------ Exercise input ------

-- ===== src/Kernel/Deletes.antt =====
-- Deletions whose errors the program drops (src/control_plane/map_manager.go).
use shield_core.Prelude.{◌≡◌, ◌⊎◌, Bool, none, if◌then◌else◌, arith, Option-cases, inl, inr}
use shield_core.Kernel.{MapOps, IsMap, delete_or_keep}

module _ {K V : Type 0} {eq : K → K → Bool} (M : MapOps K V) (L : IsMap eq M) where
  -- A call of `Delete` whose error is dropped: the key is gone, or the map has refused it and is as
  -- it was.
  pub delete_or_keep_lem :
      (k : K) (s : M.Store)
      → ((j : K) → M.lookup j (delete_or_keep M k s) ≡ (if eq k j then none else M.lookup j s))
        ⊎ ((M.delete k s ≡ none) × (delete_or_keep M k s ≡ s))
  unfolding delete_or_keep
  delete_or_keep_lem k s = elim (Option-cases (M.delete k s)) [
    | inl f ↦ inr (f, ground (arith, f))
    | inr (t, f) ↦ inl (λ j. ground (arith, f, L.lookup-delete k j s t f))
  ]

------

» Problem to solve: For the word "then", report how many lines of the records contain it; respond with the number only.

» Finished exercise: 2